Hopefully they simply don't back an architecture where the only option is to pull the plug.

the only type of architecture that is resistant to this would have to be distributed. for anything centralized and under control of a US company, the US laws can compel them to install intercept devices. sadly, not everything can be distributed, there will be centralization somewhere.

So people should start using it and hope that when the US compels them to do something, it is done in a way where Mozilla can resist it politically?
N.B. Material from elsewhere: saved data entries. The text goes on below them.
-- ===== src/Server/System/Empty.antt =====
-- What is left of the server of src/server.rs once its connections' tasks have ended.
use ws_fanout.Prelude.{
  ◌+◌, ◌%◌, ◌≤◌, ◌<◌, ◌≡◌, refl, true, false, none, List, [], ◌∷◌, arith, Eq, length, Option-cases,
  inl, inr, ◌∙◌, ap, sym, nat_eq, string_eq, u64_mod, ==_refl,
}
use ws_fanout.Collections.HashMap
use ws_fanout.Collections.HashMap.{HashMap}
use ws_fanout.Collections.HashSet
use ws_fanout.Collections.HashSet.{HashSet}
use ws_fanout.Collections.Keys.{is_some}
use ws_fanout.Mpsc.{Mpsc}
use ws_fanout.Registry.{Registry, Connection, ConnectionId}
use ws_fanout.Registry.Index.{linked, subscribed}
use ws_fanout.Registry.Invariant.{IsValid}
use ws_fanout.Server.Handle.{Services}
use ws_fanout.Server.Serve.{Semaphore}
use ws_fanout.Server.Serve.Slots.{tasks, IsBounded, Serves-IsBounded}
use ws_fanout.Server.System.{Action}
use ws_fanout.Server.System.Coherent.{after, after-IsCoherent}
use ws_fanout.Server.System.Refines.{enacts-Serves}
use ws_fanout.Server.Task.Own.{open_at}

-- A map without an entry for any key is empty.
get-empty {ℓ κ} :
    {K : Type ℓ} {V : Type κ} ⦃e : Eq K⦄ (m : HashMap K V)
    → ((k : K) → HashMap.get k m ≡ none)
    → m ≡ []
unfolding HashMap.get
get-empty [] h = refl
get-empty ((k, v) ∷ m) h = absurd (ground (arith, h k, ==_refl k))

module _ {Tx : Type 0} where
  -- A valid registry without connections has no channels.
  by_channel-empty : (r : Registry Tx) → IsValid r → r.connections ≡ [] → r.by_channel ≡ []
  by_channel-empty r v none_left = get-empty r.by_channel (λ ch.
      elim (Option-cases (HashMap.get ch r.by_channel)) [
        | inl e ↦ e
        | inr ([], e) ↦ absurd (v.tidy.no_empty ch e)
        | inr (x ∷ set, e) ↦
            let listed : linked x ch r.by_channel ≡ true =
              unfold linked HashSet.contains in ground (arith, e, ==_refl x) in
            let held : subscribed x ch r.connections ≡ false =
              rw none_left (unfold subscribed HashMap.get in refl) in
            absurd (ground (arith, listed, held, v.agree x ch))
      ])

  -- Nothing is left in it but the counters that only grow.
  pub record IsEmpty (r : Registry Tx) : Type 0 where
    pub connections : r.connections ≡ []
    pub by_channel : r.by_channel ≡ []
    pub active : r.metrics.connections_active ≡ 0

  valid-IsEmpty :
      (r : Registry Tx) → IsValid r → ((j : ConnectionId) → open_at r j ≡ false) → IsEmpty r
  valid-IsEmpty r v gone =
      let none_left : r.connections ≡ [] = get-empty r.connections (λ j. ground (arith, gone j)) in
      record {
        connections = none_left;
        by_channel = by_channel-empty r v none_left;
        active =
            v.counted
            ∙ ap (λ (m : HashMap ConnectionId (Connection Tx)). length m % u64_mod) none_left;
      }

module _ {IoError WsError RawValue Value : Type 0} (Tx Sem : Type 0) ⦃mpsc : Mpsc Tx⦄
    ⦃semaphore : Semaphore Sem⦄ (services : Services IoError WsError RawValue Value) where
  open services use {config}

  -- After any actions of a server from its start that leave no task in the registered part of its
  -- connection: the registry has no connection and no channel, connections_active is 0, and the
  -- free permits, the tasks that have not joined yet and those that have only their permit left to
  -- drop are together max_connections. max_connections is one that the semaphore takes, and the
  -- number of actions and 1 are together below 2^64.
  pub enacts-IsEmpty :
      (actions : List (Action WsError))
      → 1 + length actions < u64_mod
      → config.max_connections ≤ semaphore.max_permits
      → (after Tx Sem services actions).sessions ≡ []
      → IsEmpty (after Tx Sem services actions).registry
        × (semaphore.available (after Tx Sem services actions).slots
              + (after Tx Sem services actions).entering
              + (after Tx Sem services actions).leaving
            ≡ config.max_connections)
  unfolding HashMap.get tasks
  enacts-IsEmpty actions room few ended =
      let h = after-IsCoherent Tx Sem services actions room in
      let empty =
        valid-IsEmpty (after Tx Sem services actions).registry h.valid
          (λ j. sym (h.same j) ∙ ap (λ m. is_some (HashMap.get j m)) ended) in
      let bounded : IsBounded config.max_connections (after Tx Sem services actions).running =
        Serves-IsBounded config.max_connections few (enacts-Serves services actions room) in
      (
        empty,
        omega (
          arith,
          bounded.permits,
          ap (λ (m : HashMap ConnectionId (Connection Tx)). length m) empty.connections,
        ),
      )
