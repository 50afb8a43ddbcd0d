-- ===== src/Server/System/Stages.antt =====
-- What an action of the server of src/server.rs makes of one connection's task.
use ws_fanout.Prelude.{
  ◌≡◌, refl, false, none, some, arith, ◌==◌, ltb, Bool-cases, inl, inr, ◌⊎◌, ◌∙◌, nat_eq, string_eq,
  ==_refl, ==_iff, Result-cases,
}
use ws_fanout.Auth.{Claims}
use ws_fanout.Collections.HashMap
use ws_fanout.Mpsc.{Mpsc}
use ws_fanout.Registry.{ConnectionId}
use ws_fanout.Server.Connection.{Peer, opening}
use ws_fanout.Server.Connection.Apart.{begun}
use ws_fanout.Server.Handle.{Services}
use ws_fanout.Server.Serve.{Semaphore}
use ws_fanout.Server.Session.{Session, Flow, session}
use ws_fanout.Server.System.{
  Stage, serving, parted, System, Action, connects, releases, opens, calls, takes, aborts, departs,
  publishes, broadcasts, proceed, opened, called, frame_taken, aborted, departed, enact,
}
use ws_fanout.Server.System.Calls.{stage-cases}
use ws_fanout.Server.System.Coherent.{IsCoherent}
use ws_fanout.Server.Task.{Task}

module _ {Tx Sem IoError WsError RawValue Value : Type 0} ⦃mpsc : Mpsc Tx⦄
    ⦃semaphore : Semaphore Sem⦄ (services : Services IoError WsError RawValue Value) where
  -- The next id is not that of a connection which is there.
  next_id-other :
      (s : System Tx Sem IoError WsError Value) (id : ConnectionId)
      (stage : Stage IoError WsError Value)
      → IsCoherent services s
      → HashMap.get id s.sessions ≡ some stage
      → (s.registry.next_id == id) ≡ false
  next_id-other s id stage h e = ground (arith, e, h.same id, h.valid.fresh id)

  called-get :
      (j id : ConnectionId) (s : System Tx Sem IoError WsError Value)
      → (j == id) ≡ false
      → HashMap.get id (called services j s).sessions ≡ HashMap.get id s.sessions
  unfolding called
  called-get j id s other = elim (stage-cases services j s) [
    | inl e ↦ ground (arith, e)
    | inr (inl (claims, e)) ↦ ground (arith, e)
    | inr (inr (claims, t, e)) ↦ ground (
      arith,
      e,
      other,
      HashMap.get-insert j id (proceed services j claims t s.registry).1 s.sessions,
    )
  ]

  aborted-get :
      (j id : ConnectionId) (s : System Tx Sem IoError WsError Value)
      → (j == id) ≡ false
      → HashMap.get id (aborted services j s).sessions ≡ HashMap.get id s.sessions
  unfolding aborted
  aborted-get j id s other = elim (stage-cases services j s) [
    | inl e ↦ ground (arith, e)
    | inr (inl (claims, e)) ↦ ground (arith, e)
    | inr (inr (claims, t, e)) ↦
        ground (arith, e, other, HashMap.get-insert j id (parted claims) s.sessions)
  ]

  departed-get :
      (j id : ConnectionId) (s : System Tx Sem IoError WsError Value)
      → (j == id) ≡ false
      → HashMap.get id (departed services j s).sessions ≡ HashMap.get id s.sessions
  unfolding departed
  departed-get j id s other = elim (stage-cases services j s) [
    | inl e ↦ ground (arith, e)
    | inr (inl (claims, e)) ↦ ground (arith, e, other, HashMap.get-remove j id s.sessions)
    | inr (inr (claims, t, e)) ↦ ground (arith, e)
  ]

  opened-get :
      (p : Peer WsError) (id : ConnectionId) (s : System Tx Sem IoError WsError Value)
      → (s.registry.next_id == id) ≡ false
      → HashMap.get id (enact services (opens p) s).sessions ≡ HashMap.get id s.sessions
  unfolding enact
  opened-get p id s other = elim (Bool-cases (ltb 0 s.entering)) [
    | inl some_task ↦ elim (Result-cases (opening services p.handshake p.first p.answer).1) [
      | inl (claims, e) ↦
          let wire = (opening services p.handshake p.first p.answer).0 in
          let stage : Stage IoError WsError Value =
            serving claims (session services claims p.events (begun wire p.started)) in
          unfold opened in
          ground
            (arith, some_task, e, other, HashMap.get-insert s.registry.next_id id stage s.sessions)
      | inr (x, e) ↦ unfold opened in ground (arith, some_task, e)
    ]
    | inr no_task ↦ rw (no_task, enact) refl
  ]

  -- The next call of the connection's own task.
  pub called-serving :
      (id : ConnectionId) (claims : Claims Value) (t : Task (Session × Flow IoError WsError))
      (s : System Tx Sem IoError WsError Value)
      → HashMap.get id s.sessions ≡ some (serving claims t)
      → HashMap.get id (called services id s).sessions
        ≡ some (proceed services id claims t s.registry).1
  unfolding called
  called-serving id claims t s e = ground (
    arith,
    e,
    ==_refl id,
    HashMap.get-insert id id (proceed services id claims t s.registry).1 s.sessions,
  )

  pub departed-parted :
      (id : ConnectionId) (claims : Claims Value) (s : System Tx Sem IoError WsError Value)
      → HashMap.get id s.sessions ≡ some (parted claims)
      → HashMap.get id (departed services id s).sessions ≡ none
  unfolding departed
  departed-parted id claims s e = ground (arith, e, ==_refl id, HashMap.get-remove id id s.sessions)

  -- A session stays where it is, makes its next call, or is dropped.
  pub enact-serving :
      (a : Action WsError) (s : System Tx Sem IoError WsError Value) (id : ConnectionId)
      (claims : Claims Value) (t : Task (Session × Flow IoError WsError))
      → IsCoherent services s
      → HashMap.get id s.sessions ≡ some (serving claims t)
      → (HashMap.get id (enact services a s).sessions ≡ some (serving claims t))
        ⊎ (HashMap.get id (enact services a s).sessions
            ≡ some (proceed services id claims t s.registry).1)
        ⊎ (HashMap.get id (enact services a s).sessions ≡ some (parted claims))
  unfolding enact
  enact-serving connects s id claims t h e = inl e
  enact-serving releases s id claims t h e = inl (ground (arith, e))
  enact-serving (opens p) s id claims t h e =
      inl (opened-get p id s (next_id-other s id (serving claims t) h e) ∙ e)
  enact-serving (calls j) s id claims t h e = elim (Bool-cases (j == id)) [
    | inl own ↦ inr (inl (rw ((==_iff j id).0 own) (called-serving id claims t s e)))
    | inr other ↦ inl (called-get j id s other ∙ e)
  ]
  enact-serving (takes j) s id claims t h e = inl (unfold frame_taken in ground (arith, e))
  enact-serving (aborts j) s id claims t h e = elim (Bool-cases (j == id)) [
    | inl own ↦ inr (
        inr (
          unfold aborted in
          ground (
            arith,
            e,
            own,
            (==_iff j id).0 own,
            HashMap.get-insert j id (parted claims) s.sessions,
          )))
    | inr other ↦ inl (aborted-get j id s other ∙ e)
  ]
  enact-serving (departs j) s id claims t h e = elim (Bool-cases (j == id)) [
    | inl own ↦ inl (unfold departed in ground (arith, e, own, (==_iff j id).0 own))
    | inr other ↦ inl (departed-get j id s other ∙ e)
  ]
  enact-serving (publishes ch f) s id claims t h e = inl e
  enact-serving (broadcasts f) s id claims t h e = inl e

  -- A task that is past its session stays there, or drops its guard.
  pub enact-parted :
      (a : Action WsError) (s : System Tx Sem IoError WsError Value) (id : ConnectionId)
      (claims : Claims Value)
      → IsCoherent services s
      → HashMap.get id s.sessions ≡ some (parted claims)
      → (HashMap.get id (enact services a s).sessions ≡ some (parted claims))
        ⊎ (HashMap.get id (enact services a s).sessions ≡ none)
  unfolding enact
  enact-parted connects s id claims h e = inl e
  enact-parted releases s id claims h e = inl (ground (arith, e))
  enact-parted (opens p) s id claims h e =
      inl (opened-get p id s (next_id-other s id (parted claims) h e) ∙ e)
  enact-parted (calls j) s id claims h e = elim (Bool-cases (j == id)) [
    | inl own ↦ inl (unfold called in ground (arith, e, own, (==_iff j id).0 own))
    | inr other ↦ inl (called-get j id s other ∙ e)
  ]
  enact-parted (takes j) s id claims h e = inl (unfold frame_taken in ground (arith, e))
  enact-parted (aborts j) s id claims h e = elim (Bool-cases (j == id)) [
    | inl own ↦ inl (unfold aborted in ground (arith, e, own, (==_iff j id).0 own))
    | inr other ↦ inl (aborted-get j id s other ∙ e)
  ]
  enact-parted (departs j) s id claims h e = elim (Bool-cases (j == id)) [
    | inl own ↦ inr (rw ((==_iff j id).0 own) (departed-parted id claims s e))
    | inr other ↦ inl (departed-get j id s other ∙ e)
  ]
  enact-parted (publishes ch f) s id claims h e = inl e
  enact-parted (broadcasts f) s id claims h e = inl e
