-- ===== src/Prelude/CipherAlgorithm.antt =====
-- `sa_cipher_algorithm` of client/include/sa_types.h, as the number that it is.
use Prim.Native.Nat.{ℕ}

abbrev pub aes_ecb : ℕ
aes_ecb = 0

abbrev pub aes_ecb_pkcs7 : ℕ
aes_ecb_pkcs7 = 1

abbrev pub aes_cbc : ℕ
aes_cbc = 2

abbrev pub aes_cbc_pkcs7 : ℕ
aes_cbc_pkcs7 = 3

abbrev pub aes_ctr : ℕ
aes_ctr = 4

abbrev pub aes_gcm : ℕ
aes_gcm = 5

abbrev pub rsa_pkcs1v15 : ℕ
rsa_pkcs1v15 = 6

abbrev pub rsa_oaep : ℕ
rsa_oaep = 7

abbrev pub ec_elgamal : ℕ
ec_elgamal = 8

abbrev pub chacha20 : ℕ
chacha20 = 9

abbrev pub chacha20_poly1305 : ℕ
chacha20_poly1305 = 10
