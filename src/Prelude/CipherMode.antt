-- ===== src/Prelude/CipherMode.antt =====
-- `sa_cipher_mode` of client/include/sa_types.h, as the number that it is.
use Prim.Native.Nat.{ℕ}

abbrev pub decrypt_mode : ℕ
decrypt_mode = 0

abbrev pub encrypt_mode : ℕ
encrypt_mode = 1
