-- ===== src/Symmetric.antt =====
-- taimpl/src/internal/symmetric.c: the updates of a context and the setting of its IV. The calls of
-- EVP, of OpenSSL, are an argument. Pointers that may be NULL are left to the callers, which check them.
pub mod Last
use tasecureapi.Prelude.{
  ℕ, ◌+◌, ◌-◌, ◌%◌, ◌^◌, Bool, ◌&&◌, ◌||◌, not, ltb, ◌==◌, if◌then◌else◌, Status, status_ok,
  invalid_parameter, internal_error, operation_not_supported,
}
use tasecureapi.Prelude.CipherAlgorithm
use tasecureapi.Prelude.CipherMode
use tasecureapi.Pad.{aes_block_size}

-- What an update of EVP gives: whether it returns 1, the `int` of its length, the context afterwards
-- and the bytes that it writes.
pub record EvpUpdate (C : Type 0) : Type 0 where
  pub ok : Bool
  pub length : ℕ
  pub context : C
  pub bytes : ℕ → ℕ

-- `EVP_DecryptUpdate` and `EVP_EncryptUpdate` of bytes by their index and of an `int`, which is given by
-- its 32 bits, and `EVP_DecryptInit_ex` and `EVP_EncryptInit_ex` of the two halves of an IV.
pub record EvpCalls (C : Type 0) : Type 0 where
  pub decrypt_update : C → (ℕ → ℕ) → ℕ → EvpUpdate C
  pub encrypt_update : C → (ℕ → ℕ) → ℕ → EvpUpdate C
  pub decrypt_init : C → ℕ → ℕ → Bool × C
  pub encrypt_init : C → ℕ → ℕ → Bool × C

-- `symmetric_context_s`
pub record SymmetricContext (C : Type 0) : Type 0 where
  pub cipher_algorithm : ℕ
  pub cipher_mode : ℕ
  pub evp_cipher : C

-- What an update of a context gives: its status, the length that it stores, the context afterwards
-- and the bytes that it writes.
pub record Updated (C : Type 0) : Type 0 where
  pub status : Status
  pub length : ℕ
  pub context : SymmetricContext C
  pub bytes : ℕ → ℕ

-- The conversion of a `size_t` to `int` and back.
abbrev pub int_of_size : ℕ → ℕ
int_of_size n = n % 2 ^ 32

abbrev pub size_of_int : ℕ → ℕ
size_of_int n = if ltb n (2 ^ 31) then n else n + (2 ^ 64 - 2 ^ 32)

-- The algorithm works on whole blocks.
abbrev pub by_blocks : ℕ → Bool
by_blocks algorithm =
    not (algorithm == CipherAlgorithm.aes_ctr)
    && not (algorithm == CipherAlgorithm.aes_gcm)
    && not (algorithm == CipherAlgorithm.chacha20)
    && not (algorithm == CipherAlgorithm.chacha20_poly1305)

module _ {C : Type 0} (calls : EvpCalls C) where
  abbrev refused : SymmetricContext C → Updated C
  refused context = record {
    status = invalid_parameter;
    length = 0;
    context = context;
    bytes = λ i. 0;
  }

  abbrev updated : SymmetricContext C → EvpUpdate C → Updated C
  updated context u = record {
    status = if u.ok then status_ok else internal_error;
    length = size_of_int u.length;
    context = record context { evp_cipher = u.context };
    bytes = u.bytes;
  }

  -- `symmetric_context_decrypt`
  unfoldable pub context_decrypt : SymmetricContext C → (ℕ → ℕ) → ℕ → Updated C
  context_decrypt context from count =
      if not (context.cipher_mode == CipherMode.decrypt_mode)
      then refused context
      else if by_blocks context.cipher_algorithm && not (count % aes_block_size == 0)
      then refused context
      else updated context (calls.decrypt_update context.evp_cipher from (int_of_size count))

  -- `symmetric_context_encrypt`
  unfoldable pub context_encrypt : SymmetricContext C → (ℕ → ℕ) → ℕ → Updated C
  context_encrypt context from count =
      if not (context.cipher_mode == CipherMode.encrypt_mode)
      then refused context
      else if by_blocks context.cipher_algorithm && not (count % aes_block_size == 0)
      then refused context
      else updated context (calls.encrypt_update context.evp_cipher from (int_of_size count))

  abbrev with_init : SymmetricContext C → Bool × C → Status × SymmetricContext C
  with_init context (ok, c) =
      (if ok then status_ok else internal_error, record context { evp_cipher = c })

  -- `symmetric_context_set_iv`, of an IV of 16 bytes
  unfoldable pub context_set_iv : SymmetricContext C → ℕ → ℕ → Status × SymmetricContext C
  context_set_iv context nonce counter =
      let a = context.cipher_algorithm in
      if not (
        a == CipherAlgorithm.aes_cbc
        || a == CipherAlgorithm.aes_cbc_pkcs7
        || a == CipherAlgorithm.aes_ctr)
      then (invalid_parameter, context)
      else if context.cipher_mode == CipherMode.encrypt_mode
      then with_init context (calls.encrypt_init context.evp_cipher nonce counter)
      else if context.cipher_mode == CipherMode.decrypt_mode
      then with_init context (calls.decrypt_init context.evp_cipher nonce counter)
      else (invalid_parameter, context)

-- `symmetric_verify_cipher`; the Boolean says whether OpenSSL is older than 1.1.0, which has no
-- ChaCha20.
unfoldable pub symmetric_verify_cipher : Bool → ℕ → ℕ → Status
symmetric_verify_cipher old_openssl algorithm mode =
    if not (is_algorithm algorithm)
    then invalid_parameter
    else if not (mode == CipherMode.decrypt_mode) && not (mode == CipherMode.encrypt_mode)
    then invalid_parameter
    else if (algorithm == CipherAlgorithm.chacha20
          || algorithm == CipherAlgorithm.chacha20_poly1305)
        && old_openssl
    then operation_not_supported
    else status_ok
  where
    is_algorithm : ℕ → Bool
    is_algorithm a =
        a == CipherAlgorithm.aes_ecb
        || a == CipherAlgorithm.aes_ecb_pkcs7
        || a == CipherAlgorithm.aes_cbc
        || a == CipherAlgorithm.aes_cbc_pkcs7
        || a == CipherAlgorithm.aes_ctr
        || a == CipherAlgorithm.aes_gcm
        || a == CipherAlgorithm.rsa_pkcs1v15
        || a == CipherAlgorithm.rsa_oaep
        || a == CipherAlgorithm.ec_elgamal
        || a == CipherAlgorithm.chacha20
        || a == CipherAlgorithm.chacha20_poly1305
it's hard to answer this with a blanket statement because it's one company that does many things and builds many products. i'm not sure what the law says about requiring a company to continue to operate a service just for the sake of intercepting traffic, when the morals/mission of the company would otherwise terminate the service. i'd be interested to see if something like this has been tested in court.

the general rule of thumb is, don't base critical parts of your business or personal life on third-party cloud products that may go away for whatever reason, without your control and without notice. this includes Google's random termination of APIs, encrypted email services, etc. have a plan B if for some reason the Tor relays need to be suddenly taken offline, forever.

Company morals, mission statements, constitutions etc are marketing material and not law. If the law requires a company to comply but their mission statement goes against this, the law will win every time.

This is why the right place to put this sort of thing if you're really serious about it is in the corporate charter. Then it does become law as far as the company is concerned, since it's only chartered to operate under the terms of the charter.

Unfortunately, some jurisdictions don't allow sufficient customization of corporate charters to do this yet. It's been getting a bit better recently.

i dont think i claimed their morals would allow them to not comply with the law. but a company's past conduct is pretty important to evaluate in the context of how such situations will be handled. i'm unaware of a law that requires companies to continue providing compromised services to their users, for example.

I still don't see why someone worried about the US government would even start using a service where the best outcome of a warrant is that the service gets shut down.